An Open, Exploratory Clinical Study of CM336 in the Treatment of Immune Thrombocytopenia

Launched by INSTITUTE OF HEMATOLOGY & BLOOD DISEASES HOSPITAL, CHINA · Jan 23, 2025

Keywords

ClinConnect Summary

This clinical trial is studying a new treatment called CM336 for adults with a condition called immune thrombocytopenia (ITP), which is when your body doesn’t produce enough platelets, leading to an increased risk of bleeding. The trial aims to find out how effective and safe CM336 is for patients who haven’t responded well to previous treatments. It is currently looking for participants aged 18 and older who have been diagnosed with chronic ITP and have a very low platelet count. To be eligible, participants should not have had previous treatments like steroid medications for at least four weeks and must meet other health criteria to ensure their safety during the study.

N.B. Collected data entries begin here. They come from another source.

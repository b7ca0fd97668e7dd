-- ===== src/Scheduler/Switch.antt =====
-- The functions of tasking/scheduler.rs that change tasks: what each does to the global scheduler
-- under its lock, with interrupts off. What follows, the switch of contexts and of address spaces,
-- is the hardware's; a function gives the two contexts between which it switches.
pub mod Group
pub mod Valid
pub mod Fallback
pub mod Installing
mod Tests
use mathlib.Core.Option
use leaf_os_alpha.Base.{
  ℕ, zero, suc, ◌+◌, ◌%◌, Bool, true, false, ◌&&◌, ◌||◌, not, Option, none, some, List, [], ◌∷◌,
  if◌then◌else◌, ◌==◌, Result, ok, err, is_none, position, slot, fill, word,
}
use leaf_os_alpha.Scheduler.Task.{
  Task, TaskState, ready, blocked, terminated, is_ready, is_terminated, SchedulerError, not_started,
  no_runnable_tasks, unknown_task, Scheduler, UserTask,
}
use leaf_os_alpha.Scheduler.Ops.{
  Outcome, put_task, has_id, holds, start, transition_current, sleep_current_until,
  wake_expired_sleepers, has_live_non_idle_tasks, wake_parent, parent_of,
}
use leaf_os_alpha.Scheduler.Lifecycle.{create_kernel_task}

-- A function returns, switches from the context of a slot to that of another or to the bootstrap
-- context, or panics.
pub data Handover : Type 0 where
  returns : Result (Unit {0}) SchedulerError → Handover
  switches : ℕ → Option ℕ → Handover
  panics : Handover

-- `Ok(_) | Err(NoRunnableTasks) => {}`, and the errors that are left.
abbrev pub failure : Result ℕ SchedulerError → Option SchedulerError
failure (ok id) = none
failure (err no_runnable_tasks) = none
failure (err e) = some e

abbrev pub failed : SchedulerError → Handover
failed e = returns (err e)

pub preempt_to : ℕ → Option ℕ → Handover → Handover
preempt_to current none h = returns (ok tt)
preempt_to current (some next) h = if next == current then returns (ok tt) else h

module _ {Space : Type 0} where
  pub save_rsp_in : ℕ → ℕ → Option (Task Space) → Scheduler Space → Scheduler Space
  save_rsp_in rsp i none s = s
  save_rsp_in rsp i (some t) s =
      let set_rsp : UserTask Space → UserTask Space = λ u. record u { syscall_user_rsp = rsp } in
      put_task i (record t { user = Option.map set_rsp t.user }) s

  -- `rsp` is `arch::syscall::user_rsp()`.
  pub save_current_user_rsp : ℕ → Scheduler Space → ℕ → Scheduler Space
  unfolding save_rsp_in
  save_current_user_rsp rsp s i = save_rsp_in rsp i (slot s.tasks i) s

  -- The context of the task that goes, and that of the current one, if the slots hold tasks; `lost`
  -- is what happens if they do not.
  pub next_of : Handover → List (Option (Task Space)) → ℕ → Option ℕ → Handover
  next_of lost tasks old none = switches old none
  next_of lost tasks old (some next) =
      if is_none (slot tasks next) then lost else switches old (some next)

  pub hand_over : Handover → Scheduler Space → ℕ → Handover
  unfolding next_of
  hand_over lost s old =
      if is_none (slot s.tasks old) then lost else next_of lost s.tasks old s.current

  -- After a transition: other errors are returned, or panic.
  pub settle : (SchedulerError → Handover) → ℕ → Outcome Space ℕ → Handover × Scheduler Space
  unfolding hand_over
  settle lost old (r, s) =
      (elim (failure r) [ none ↦ hand_over (lost unknown_task) s old | some e ↦ lost e ], s)

  pub yield_settle : ℕ → Outcome Space ℕ → Handover × Scheduler Space
  unfolding hand_over
  yield_settle old (err e, s) = (failed e, s)
  yield_settle old (ok id, s) = (
    if is_none s.current then failed no_runnable_tasks else hand_over (failed unknown_task) s old,
    s,
  )

  pub yield_from : ℕ → Scheduler Space → Option ℕ → Handover × Scheduler Space
  unfolding yield_settle
  yield_from rsp s none = (failed not_started, s)
  yield_from rsp s (some current) =
      yield_settle current (transition_current (save_current_user_rsp rsp s current) ready)

  pub yield_now : ℕ → Scheduler Space → Handover × Scheduler Space
  unfolding yield_from
  yield_now rsp s = yield_from rsp s s.current

  pub preempt_settle : ℕ → Outcome Space ℕ → Handover × Scheduler Space
  unfolding preempt_to hand_over
  preempt_settle current (r, s) = (
    elim (failure r) [
      | none ↦ preempt_to current s.current (hand_over panics s current)
      | some e ↦ panics
    ],
    s,
  )

  pub preempt_at : ℕ → Scheduler Space → Option ℕ → Handover × Scheduler Space
  unfolding preempt_settle
  preempt_at now s none = (returns (ok tt), s)
  preempt_at now s (some current) =
      preempt_settle current (transition_current (wake_expired_sleepers s now) ready)

  -- `now` is the timer's tick count.
  pub preempt_from_timer : ℕ → Scheduler Space → Handover × Scheduler Space
  unfolding preempt_at
  preempt_from_timer now s = preempt_at now s s.current

  pub block_from : ℕ → Scheduler Space → Option ℕ → Handover × Scheduler Space
  unfolding settle
  block_from rsp s none = (failed not_started, s)
  block_from rsp s (some current) =
      settle failed current (transition_current (save_current_user_rsp rsp s current) blocked)

  pub block_now : ℕ → Scheduler Space → Handover × Scheduler Space
  unfolding block_from
  block_now rsp s = block_from rsp s s.current

  pub sleep_from : ℕ → ℕ → Scheduler Space → Option ℕ → Handover × Scheduler Space
  unfolding settle
  sleep_from rsp deadline s none = (failed not_started, s)
  sleep_from rsp deadline s (some current) =
      settle failed current (sleep_current_until (save_current_user_rsp rsp s current) deadline)

  pub sleep_ticks : ℕ → ℕ → ℕ → Scheduler Space → Handover × Scheduler Space
  unfolding sleep_from
  sleep_ticks rsp now duration s =
      if duration == 0
      then (returns (ok tt), s)
      else sleep_from rsp ((now + duration) % word) s s.current

  -- Is the task in a slot a sibling that has not ended?
  abbrev pub is_sibling : ℕ → Option (Task Space) → Bool
  is_sibling parent none = false
  is_sibling parent (some t) = holds t.parent parent && not (is_terminated t.state)

  abbrev pub end_task : Option ℕ → Task Space → Task Space
  end_task exit_code t = record t { exit_code = exit_code; state = terminated }

  -- The siblings in the slots from `index` on, all but `current`.
  pub end_siblings : ℕ → ℕ → Option ℕ → ℕ → List (Option (Task Space)) → List (Option (Task Space))
  end_siblings parent current exit_code index [] = []
  end_siblings parent current exit_code index (o ∷ tasks) =
      let rest = end_siblings parent current exit_code (suc index) tasks in
      (if not (index == current) && is_sibling parent o
        then Option.map (end_task exit_code) o
        else o)
      ∷ rest

  pub end_group : ℕ → Option ℕ → Scheduler Space → Option ℕ → Scheduler Space
  unfolding end_siblings
  end_group current exit_code s none = s
  end_group current exit_code s (some parent) = record s {
    tasks = end_siblings parent current exit_code 0 s.tasks;
  }

  pub exit_task : ℕ → Option ℕ → Scheduler Space → Option (Task Space) → Handover × Scheduler Space
  unfolding settle
  exit_task current exit_code s none = (panics, s)
  exit_task current exit_code s (some t) =
      let s' = put_task current (record t { exit_code = exit_code }) s in
      settle (λ e. panics) current (transition_current (wake_parent s' current) terminated)

  pub exit_group : ℕ → Option ℕ → Bool → Scheduler Space → Handover × Scheduler Space
  unfolding exit_task end_group
  exit_group current exit_code terminate_group s =
      let s' =
        if terminate_group
        then end_group current exit_code s (parent_of (slot s.tasks current))
        else s in
      exit_task current exit_code s' (slot s'.tasks current)

  pub exit_from : ℕ → Option ℕ → Bool → Scheduler Space → Option ℕ → Handover × Scheduler Space
  unfolding exit_group
  exit_from rsp exit_code terminate_group s none = (panics, s)
  exit_from rsp exit_code terminate_group s (some current) =
      exit_group current exit_code terminate_group (save_current_user_rsp rsp s current)

  -- `exit_current_with_status_and_group`
  pub exit_current : ℕ → Option ℕ → Bool → Scheduler Space → Handover × Scheduler Space
  unfolding exit_from
  exit_current rsp exit_code terminate_group s = exit_from rsp exit_code terminate_group s s.current

  -- The idle task takes itself off the processor when no other task lives.
  pub idle_rest : ℕ → Scheduler Space → Option (Task Space) → Handover × Scheduler Space
  idle_rest current s none = (panics, s)
  idle_rest current s (some t) =
      if t.is_idle
      then (
        switches current none,
        record (put_task current (record t { state = ready }) s) { current = none },
      )
      else (panics, s)

  pub idle_from : Scheduler Space → Option ℕ → Handover × Scheduler Space
  unfolding idle_rest
  idle_from s none = (panics, s)
  idle_from s (some current) = idle_rest current s (slot s.tasks current)

  -- A round of `idle_task_entry`: it rests, or it goes on to `yield_now`.
  pub idle_round : ℕ → ℕ → Scheduler Space → Handover × Scheduler Space
  unfolding idle_from
  idle_round rsp now s =
      let s' = wake_expired_sleepers s now in
      if has_live_non_idle_tasks s' then yield_now rsp s' else idle_from s' s'.current

  abbrev pub make_idle : Task Space → Task Space
  make_idle t = record t { is_idle = true }

  pub install_slot : Scheduler Space → ℕ → Option (Task Space) → Outcome Space (Unit {0})
  install_slot s index none = (err unknown_task, s)
  install_slot s index (some t) =
      (ok tt, record (put_task index (make_idle t) s) { idle_index = some index })

  pub install_at : Scheduler Space → Option ℕ → Outcome Space (Unit {0})
  unfolding install_slot
  install_at s none = (err unknown_task, s)
  install_at s (some index) = install_slot s index (slot s.tasks index)

  pub install_created : Outcome Space ℕ → Outcome Space (Unit {0})
  unfolding install_at
  install_created (err e, s) = (err e, s)
  install_created (ok id, s) = install_at s (position (has_id id) s.tasks)

  -- `trampoline` and `base` as for `create_task_stack`; `entry` is `idle_task_entry`.
  pub install_idle : ℕ → ℕ → ℕ → Scheduler Space → Outcome Space (Unit {0})
  unfolding install_created
  install_idle trampoline base entry s =
      if is_none s.idle_index
      then install_created (create_kernel_task s trampoline base entry none)
      else (ok tt, s)

  pub run_started : Outcome Space ℕ → Outcome Space (Option ℕ)
  run_started (err e, s) = (err e, s)
  run_started (ok id, s) = (ok s.current, s)

  pub run_installed : Outcome Space (Unit {0}) → Outcome Space (Option ℕ)
  unfolding run_started
  run_installed (err e, s) = (err e, s)
  run_installed (ok x, s) = run_started (start s)

  -- `run_tasks` until it leaves the bootstrap context: the slot whose context it goes to.
  pub run_tasks : ℕ → ℕ → ℕ → Scheduler Space → Outcome Space (Option ℕ)
  unfolding run_installed install_idle
  run_tasks trampoline base entry s = run_installed (install_idle trampoline base entry s)

  abbrev pub is_ready_idle : Option (Task Space) → Bool
  is_ready_idle none = false
  is_ready_idle (some t) = t.is_idle && is_ready t.state

  -- `run_tasks` after the bootstrap context resumes: is the idle task removed?
  abbrev pub is_removing : Scheduler Space → Option ℕ → Bool
  is_removing s none = false
  is_removing s (some index) = is_none s.current && is_ready_idle (slot s.tasks index)

  pub remove_idle_at : Scheduler Space → Option ℕ → Scheduler Space
  remove_idle_at s none = s
  remove_idle_at s (some index) =
      if is_removing s (some index)
      then record s { idle_index = none; tasks = fill index none s.tasks }
      else s

  pub remove_idle : Scheduler Space → Scheduler Space
  unfolding remove_idle_at
  remove_idle s = remove_idle_at s s.idle_index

If you join this trial, you will receive CM336 and be monitored by the research team to track how well the treatment works and if there are any side effects. It’s important to note that some individuals may not qualify due to specific health conditions or recent treatments, so a thorough screening will be conducted. Participants will need to provide informed consent and will have the opportunity to discuss any questions or concerns with the study team. This trial is a chance to help improve treatment options for ITP while contributing to medical research.

Gender

ALL

Eligibility criteria

• Inclusion Criteria:
• • Age 18 and above, male or female;
• • Conform to the diagnostic criteria of persistent or chronic immune thrombocytopenia (ITP);
• • Failure of previous glucocorticoid therapy;
• • In the second-line treatment phase, eligible subjects must meet any of the following criteria: (1) Demonstrate no response to treatment with at least one thrombopoietin receptor agonist (including but not limited to recombinant human thrombopoietin \[rhTPO\], eltrombopag, hetrombopag, avatrombopag, or romiplostim); Fail to achieve sustained response (manifested as non-response, loss of response, or disease relapse) following anti-CD20 monoclonal antibody therapy (e.g., rituximab) or anti-CD38 monoclonal antibody therapy; (2) Exhibit no therapeutic response or experience disease relapse after splenectomy.
• • The platelet count was \<30×109/L within 48 hours before the first administration;
• • ECOG physical state score ≤ 2 points;
• • Patients receiving maintenance treatment (including corticosteroids (less than or equal to 20mg prednisone), TPO receptor agonists, etc.) must have a stable dose at least 4 weeks before the first administration;
• • Signed and dated written informed consent;
• Exclusion Criteria:
• • Received any treatment of anti-BCMA antibody drug;
• • Accompanied by autoimmune hemolytic anemia, or various secondary and hereditary thrombocytopenia;
• • History of any thrombotic or embolic events in the 12 months prior to the first dose or accompanied by extensive and severe bleeding, such as hemoptysis, upper gastrointestinal hemorrhage, intracranial hemorrhage, etc;
• • Participated in any other study drug or exposure to other study drugs within 4 weeks or 5 half-lives before the first dose (whichever is longer);
• • Use of anticoagulants or any drug with antiplatelet effects (such as aspirin) within 3 weeks before the first dose;
• • Treatment with ITP (methylprednisolone, platelet, gamma-globulin infusion or TPO receptor agonist therapy) within 2 weeks before the first dose;
• • Splenectomy was performed within 6 months before the first dose;
• • Patients who received azathioprine, danazol, cyclosporine A, tacrolimus, sirolimus, etc., within 4 weeks prior to the first dose; or received treatments such as CD20 monoclonal antibodies (e.g., rituximab), CD38 monoclonal antibodies, cyclophosphamide, or vindesine within 3 months prior to the first dose；
• • Received a live vaccine within 4 weeks before the first dose, or planned to receive any live vaccine during the clinical trial;
• • Those who have received allogeneic stem cell transplantation or organ transplantation in the past;
• • Other serious diseases that may limit the subject's participation in this trial (such as diabetes; Hepatic and renal insufficiency; Severe cardiac insufficiency; Myocardial obstruction or unstable arrhythmia or unstable angina pectoris in recent 6 months; Gastric ulcer, etc.);
• • Patients with malignant tumors within 5 years before the screening;
• • A history of severe recurrent or chronic infection;
• • A known or suspected history of immunosuppression, including a history of invasive opportunistic infections;
• • Clinically significant laboratory abnormalities at the time of screening;
• • HIV antibody or syphilis antibody positive;
• • Accompanied by uncontrollable active infection, including hepatitis B, hepatitis C; Pregnant women, suspected pregnancies (positive pregnancy test for human chorionic gonadotropin in urine at screening) and lactating patients;
• • Patients with mental disorders who cannot normally obtain informed consent and conduct trials and follow-up;
• • Patients whose symptoms of toxicity from pre-trial treatment have not resolved;
• • Any other ineligibility for subjects in the study was assessed by the investigator.